According to a written message from the Garbage Museum Executive Director, an educator person who placed numerous informational learning signs for others to study and whose name is not known to me, “Most plastics will DECOMPOSE, but never BIODEGRADE.Breaking into smaller chunks, the plastic molecules will be with us for millions of years, ingested and excreted millions of times by fish, birds and other organisms.”After reading this I thought to myself…and we wonder where cancer comes from – something we didn’t have much of 50 years before plastics.

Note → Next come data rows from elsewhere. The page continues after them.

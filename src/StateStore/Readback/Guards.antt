-- ===== src/StateStore/Readback/Guards.antt =====
-- What a readback needs, and what it and an unknown write leave of an operation's record.
use universal_execution_syst.Prelude.{
  ℕ, String, ◌≢◌, sym, ◌∙◌, subst, Bool, true, false, not, if◌then◌else◌, Option, none, some, inl,
  inr, ◌==◌, eq_iff, Bool-cases,
}
use universal_execution_syst.Prelude.Results.{Result, ok, raise, Result-cases}
use universal_execution_syst.Prelude.Execs
use universal_execution_syst.Prelude.Execs.{Exec, pure, gets, lift, attempt, ◌>>=◌}
use universal_execution_syst.Json.{Json}
use universal_execution_syst.Runtime.{Runtime}
use universal_execution_syst.StateStore.Model.{
  OperationRecord, OperationRead, WorkstreamRuntimeRecord, reconciled_not_observed, when_ok,
}
use universal_execution_syst.StateStore.Interface.{StateStore, OperationLaws, ReadsBack}
use universal_execution_syst.StateStore.Claim.Keeps.{
  Blocked, Leaves, pure_rules, Leaves-cas_workstream, Leaves-cas_operation, Leaves-bind,
  Leaves-gets,
}
use universal_execution_syst.StateStore.Readback
use universal_execution_syst.StateStore.Readback.{
  record_unknown_write, record_authoritative_readback, is_ambiguous, unknown_record,
  readback_record, state_of,
}

-- `m` keeps the record of the key `k` blocked.
pub record KeepsBlocked {S A : Type 0} (store : StateStore S) (k : String) (m : Exec S A)
    : Type 0 where
  pub at :
      (s : S) → Blocked k (store.read_operation k s) → Blocked k (store.read_operation k (m s).1)

module _ {S : Type 0} (store : StateStore S) (laws : OperationLaws store) (k : String) where
  of_Leaves : {A : Type 0} (m : Exec S A) → Leaves store k m → KeepsBlocked store k m
  of_Leaves m l = record { at = λ s b. subst (Blocked k) (sym (l.at s)) b }

  keeps-continue :
      {A B : Type 0} (r : Result A) (f : A → Exec S B)
      → ((a : A) → KeepsBlocked store k (f a))
      → KeepsBlocked store k (Execs.continue r f)
  keeps-continue (ok a) f h = h a
  keeps-continue (raise e) f h = record { at = λ s b. b }

  keeps-bind :
      {A B : Type 0} (m : Exec S A) (f : A → Exec S B)
      → KeepsBlocked store k m
      → ((a : A) → KeepsBlocked store k (f a))
      → KeepsBlocked store k (m >>= f)
  keeps-bind m f h g = record { at = λ s b. (keeps-continue (m s).0 f g).at (m s).1 (h.at s b) }

  keeps-if :
      {A : Type 0} (b : Bool) (m n : Exec S A)
      → KeepsBlocked store k m
      → KeepsBlocked store k n
      → KeepsBlocked store k (if b then m else n)
  keeps-if true m n h g = h
  keeps-if false m n h g = g

  ReadsBack-Blocked :
      (op : OperationRecord) (o : OperationRead)
      → op.state ≢ reconciled_not_observed
      → ReadsBack k op o
      → Blocked k o
  ReadsBack-Blocked op o f (inl c) = inl c
  ReadsBack-Blocked op o f (inr (p, s, r, e, st, d)) = inr (p, s, r, e, λ x. f (sym st ∙ x))

  same_key :
      (v : ℕ) (op : OperationRecord)
      → op.state ≢ reconciled_not_observed
      → KeepsBlocked store k (store.compare_and_swap_operation k v op)
  same_key v op f = record {
    at = λ s b. elim (Result-cases (store.compare_and_swap_operation k v op s).0) [
      | inl (o, e) ↦
          ReadsBack-Blocked op
            (store.read_operation k (store.compare_and_swap_operation k v op s).1) f
            (laws.read-cas_ok k v op s o e)
      | inr (x, e) ↦ subst (Blocked k) (sym (laws.read-cas_raise k k v op s x e)) b
    ];
  }

  keeps-cas_operation :
      (j : String) (v : ℕ) (op : OperationRecord)
      → op.state ≢ reconciled_not_observed
      → KeepsBlocked store k (store.compare_and_swap_operation j v op)
  keeps-cas_operation j v op f = elim (Bool-cases (j == k)) [
    | inl e ↦
        subst (λ i. KeepsBlocked store k (store.compare_and_swap_operation i v op))
          (sym ((eq_iff j k).0 e)) (same_key v op f)
    | inr e ↦ record {
      at = λ s b.
          subst (Blocked k) (sym (laws.read-cas_ne k j v op s (λ p. cc (e, (eq_iff j k).1 p)))) b;
    }
  ]

  pub write_lane-Leaves :
      (rt : Runtime) (lane key : String) (now : ℕ)
      (runtime : WorkstreamRuntimeRecord → WorkstreamRuntimeRecord) (saved : OperationRead) (v : ℕ)
      (r : Option WorkstreamRuntimeRecord)
      → Leaves store k (Readback.write_lane rt lane key now store runtime saved v r)
  unfolding Readback.write_lane
  write_lane-Leaves rt lane key now runtime saved v none = search pure_rules
  write_lane-Leaves rt lane key now runtime saved v (some r) =
      search (pure_rules, Leaves-cas_workstream)

  keeps-write_both :
      (rt : Runtime) (lane key : String) (now v : ℕ) (op : OperationRecord)
      (runtime : WorkstreamRuntimeRecord → WorkstreamRuntimeRecord)
      → op.state ≢ reconciled_not_observed
      → KeepsBlocked store k (Readback.write_both rt lane key now store v op runtime)
  unfolding Readback.write_both
  keeps-write_both rt lane key now v op runtime f =
      keeps-bind (store.compare_and_swap_operation key v op)
        (λ saved. gets (store.read_workstream lane) >>= (λ ws.
          Readback.write_lane rt lane key now store runtime saved ws.version
            (when_ok ws.status ws.record_read)))
        (keeps-cas_operation key v op f)
        (λ saved. of_Leaves _ (
          Leaves-bind (gets (store.read_workstream lane)) _
            (Leaves-gets (store.read_workstream lane))
            (λ ws.
              write_lane-Leaves rt lane key now runtime saved ws.version
                (when_ok ws.status ws.record_read))))

  keeps-unknown_of :
      (rt : Runtime) (lane key : String) (now : ℕ) (result : Json) (v : ℕ)
      (o : Option OperationRecord)
      → KeepsBlocked store k (Readback.unknown_of rt lane key now store result v o)
  unfolding Readback.unknown_of unknown_record
  keeps-unknown_of rt lane key now result v none = record { at = λ s b. b }
  keeps-unknown_of rt lane key now result v (some op) =
      keeps-if (op.lane_id == lane) _ _
        (keeps-write_both rt lane key now v (unknown_record rt lane key now result op) _ (λ p. cc))
        (record { at = λ s b. b })

  -- An unknown write, of any operation, keeps the record of the key blocked.
  pub keeps-unknown_write :
      (rt : Runtime) (lane key : String) (now : ℕ) (result : Json)
      → KeepsBlocked store k (record_unknown_write rt lane key now store result)
  unfolding record_unknown_write
  keeps-unknown_write rt lane key now result = record {
    at = λ s b.
        (keeps-unknown_of rt lane key now result (store.read_operation key s).version (
            when_ok (store.read_operation key s).status
              (store.read_operation key s).record_read)).at
          s b;
  }

  keeps-readback_of :
      (rt : Runtime) (lane key : String) (now : ℕ) (observed : Option Bool) (evidence : Json)
      (v : ℕ) (o : Option OperationRecord)
      → state_of observed ≢ reconciled_not_observed
      → KeepsBlocked store k (Readback.readback_of rt lane key now store observed evidence v o)
  unfolding Readback.readback_of readback_record
  keeps-readback_of rt lane key now observed evidence v none h = record { at = λ s b. b }
  keeps-readback_of rt lane key now observed evidence v (some op) h =
      keeps-if (not (op.lane_id == lane)) _ _ (record { at = λ s b. b })
        (keeps-if (not (is_ambiguous op.state)) _ _ (record { at = λ s b. b })
          (keeps-write_both rt lane key now v (readback_record rt lane key now observed evidence op)
            _ h))

  -- A readback that does not find the write missing, of any operation, keeps the record of the key
  -- blocked.
  pub keeps-readback :
      (rt : Runtime) (lane key : String) (now : ℕ) (observed : Option Bool) (evidence : Json)
      → state_of observed ≢ reconciled_not_observed
      → KeepsBlocked store k (record_authoritative_readback rt lane key now store observed evidence)
  unfolding record_authoritative_readback
  keeps-readback rt lane key now observed evidence h = record {
    at = λ s b.
        (keeps-readback_of rt lane key now observed evidence (store.read_operation key s).version
            (when_ok (store.read_operation key s).status (store.read_operation key s).record_read)
            h).at
          s b;
  }

  module _ (rt : Runtime) (lane key : String) (now : ℕ) (ne : key ≢ k) where
    write_both-Leaves :
        (v : ℕ) (op : OperationRecord) (runtime : WorkstreamRuntimeRecord → WorkstreamRuntimeRecord)
        → Leaves store k (Readback.write_both rt lane key now store v op runtime)
    unfolding Readback.write_both
    write_both-Leaves v op runtime = search (pure_rules, Leaves-cas_operation, write_lane-Leaves)

    readback_of-Leaves :
        (observed : Option Bool) (evidence : Json) (v : ℕ) (o : Option OperationRecord)
        → Leaves store k (Readback.readback_of rt lane key now store observed evidence v o)
    unfolding Readback.readback_of
    readback_of-Leaves observed evidence v none = search pure_rules
    readback_of-Leaves observed evidence v (some op) = search (pure_rules, write_both-Leaves)

    -- A readback of another operation leaves the record of the key.
    pub readback-Leaves :
        (observed : Option Bool) (evidence : Json)
        → Leaves store k (record_authoritative_readback rt lane key now store observed evidence)
    unfolding record_authoritative_readback
    readback-Leaves observed evidence = search (pure_rules, readback_of-Leaves)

Then I recalled the movie named “The Graduate,” where most of us remember the most significant word from that steamy movie made in 1967, “plastics.”There is goodness and not-so-goodness, perhaps, with every invention.I wondered if the preceding native ancestors, the Lenape Indians, would continue to use plastics if they understood what we now know about plastics?
It was getting late, we had walked about 3,000 feet downstream stream from the public parking lot on this 34-acre Quittie Nature Park stream and the temperature was 90. It was time to recap our trip with friends from the Pennsylvania Outdoor Writers Association at the nearby Snitz Creek Brewery, a tasteful beer-making facility not far from the stream. We took a beer plant tour with co-founder, Patrick Freer, then discovered a few moments later that there is nothing quite like a microbrew they call “Opening Day IPA.” This is particularly true among fellow fly-rodders that can tell a tale, if you know what I mean. “No, my fish was bigger. I caught two. I caught four.” And on and on. You get the picture. A fun, thirst-quenching, long-winded, joke-filled lunch. The best kind.
When friends and community work together to create a revitalized stream treasure and nature area, the future is brighter for everyone. On a related note though, while we seem to have saved our second amendment with our current legislators – a good thing, the work of clean streams and waterways may become more challenging due to currently retracting rules of the Clean Water Act. Be watchful as sportsmen, speak up when we need to.
Hats off to all those volunteers that take the time to reclaim lost parts of nature for the benefit of our common future.